- **Problem details**: Starting with the line containing "pub rename : State" and going on through the line containing "pub data StoreError : Type 0 where", return the lines of the data below exactly, and only those.

Data excerpts
^^^^^^^^^^^^^^^^

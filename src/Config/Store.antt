-- ===== src/Config/Store.antt =====
-- The store of the policy document in internal/config/file.go. The disk and the YAML library are
-- parameters.
pub mod Atomic
pub mod Samples
use cardingest.Base.{
  ℕ, Bool, true, false, Option, none, some, List, [], ◌∷◌, Outcome, ok, err, ◌>>=◌, wrap,
}
use cardingest.Base.Strings.{Text, dir}
use cardingest.Config.{File}

-- The operations of `os` on files. A read tells a file that is not there (`none`) from other errors;
-- CreateTemp gives the name that it has chosen.
pub record Disk : Type 1 where
  pub State : Type 0
  pub read_file : State → Text → Outcome (Option Text) Text
  pub create_temp : State → Text → Outcome Text Text × State
  pub write : State → Text → Text → Option Text × State
  pub close : State → Text → Option Text × State
  pub rename : State → Text → Text → Option Text × State
  pub remove : State → Text → Option Text × State

pub record Yaml : Type 0 where
  pub unmarshal : Text → Outcome Text File
  pub marshal : File → Outcome Text Text

-- The zero value of a File.
abbrev pub empty_file : File
empty_file = record {
  destination = record { path = []; layout = []; date_source = [] };
  categories = [];
  rules = [];
  card = record { erase_ingested = false; erase_skipped = false; eject_when_done = false };
  reader = record { usb_ids = [] };
  notify = [];
}

pub data StoreError : Type 0 where
  read_config parse_config marshal_config create_temp_config : Text → StoreError
  write_temp_config close_temp_config rename_temp_config : Text → StoreError

-- ParseFile
unfoldable pub parse_file : Yaml → Text → Outcome StoreError File
parse_file Y text = wrap parse_config (Y.unmarshal text)

module _ (D : Disk) (Y : Yaml) where
  -- A Store and the disk below it.
  pub record PolicyStore : Type 0 where
    pub path : Text
    pub file : File
    pub disk : D.State

  abbrev pub loaded : PolicyStore → Outcome (Option Text) Text → Outcome StoreError PolicyStore
  loaded s (err none) = ok (record s { file = empty_file })
  loaded s (err (some cause)) = err (read_config cause)
  loaded s (ok text) = parse_file Y text >>= λ f. ok (record s { file = f })

  -- Load: a file that is not there is the zero policy, and an error leaves the store as it was.
  unfoldable pub load : PolicyStore → Outcome StoreError PolicyStore
  unfolding parse_file
  load s = loaded s (D.read_file s.disk s.path)

  -- NewStore
  unfoldable pub new_store : Text → D.State → Outcome StoreError PolicyStore
  unfolding load
  new_store path disk = load (record { path = path; file = empty_file; disk = disk })

  -- Marshal
  unfoldable pub marshal_policy : PolicyStore → Outcome Text Text
  marshal_policy s = Y.marshal s.file

  abbrev pub after_rename :
      PolicyStore → File → Option Text × D.State → Option StoreError × PolicyStore
  after_rename s f (some cause, disk) = (some (rename_temp_config cause), record s { disk = disk })
  after_rename s f (none, disk) = (none, record s { disk = disk; file = f })

  abbrev pub after_close :
      PolicyStore → File → Text → Option Text × D.State → Option StoreError × PolicyStore
  after_close s f tmp (some cause, disk) =
      (some (close_temp_config cause), record s { disk = disk })
  after_close s f tmp (none, disk) = after_rename s f (D.rename disk tmp s.path)

  -- After an error of the write the file is closed too.
  abbrev pub after_write :
      PolicyStore → File → Text → Option Text × D.State → Option StoreError × PolicyStore
  after_write s f tmp (some cause, disk) =
      (some (write_temp_config cause), record s { disk = (D.close disk tmp).1 })
  after_write s f tmp (none, disk) = after_close s f tmp (D.close disk tmp)

  -- The deferred removal of the temporary file, its error dropped.
  abbrev pub cleaned_up : Text → Option StoreError × PolicyStore → Option StoreError × PolicyStore
  cleaned_up tmp (answer, s) = (answer, record s { disk = (D.remove s.disk tmp).1 })

  abbrev pub after_create :
      PolicyStore → File → Text → Outcome Text Text × D.State → Option StoreError × PolicyStore
  after_create s f text (err cause, disk) =
      (some (create_temp_config cause), record s { disk = disk })
  after_create s f text (ok tmp, disk) =
      cleaned_up tmp (after_write s f tmp (D.write disk tmp text))

  abbrev pub after_marshal :
      PolicyStore → File → Outcome Text Text → Option StoreError × PolicyStore
  after_marshal s f (err cause) = (some (marshal_config cause), s)
  after_marshal s f (ok text) = after_create s f text (D.create_temp s.disk (dir s.path))

  -- Save: the error if there is one, and the store with its disk.
  unfoldable pub save : PolicyStore → File → Option StoreError × PolicyStore
  unfolding dir
  save s f = after_marshal s f (Y.marshal f)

^^^^^^^^^^^^^^^^

- **Finished task**:
  pub rename : State → Text → Text → Option Text × State
  pub remove : State → Text → Option Text × State

pub record Yaml : Type 0 where
  pub unmarshal : Text → Outcome Text File
  pub marshal : File → Outcome Text Text

-- The zero value of a File.
abbrev pub empty_file : File
empty_file = record {
  destination = record { path = []; layout = []; date_source = [] };
  categories = [];
  rules = [];
  card = record { erase_ingested = false; erase_skipped = false; eject_when_done = false };
  reader = record { usb_ids = [] };
  notify = [];
}

pub data StoreError : Type 0 where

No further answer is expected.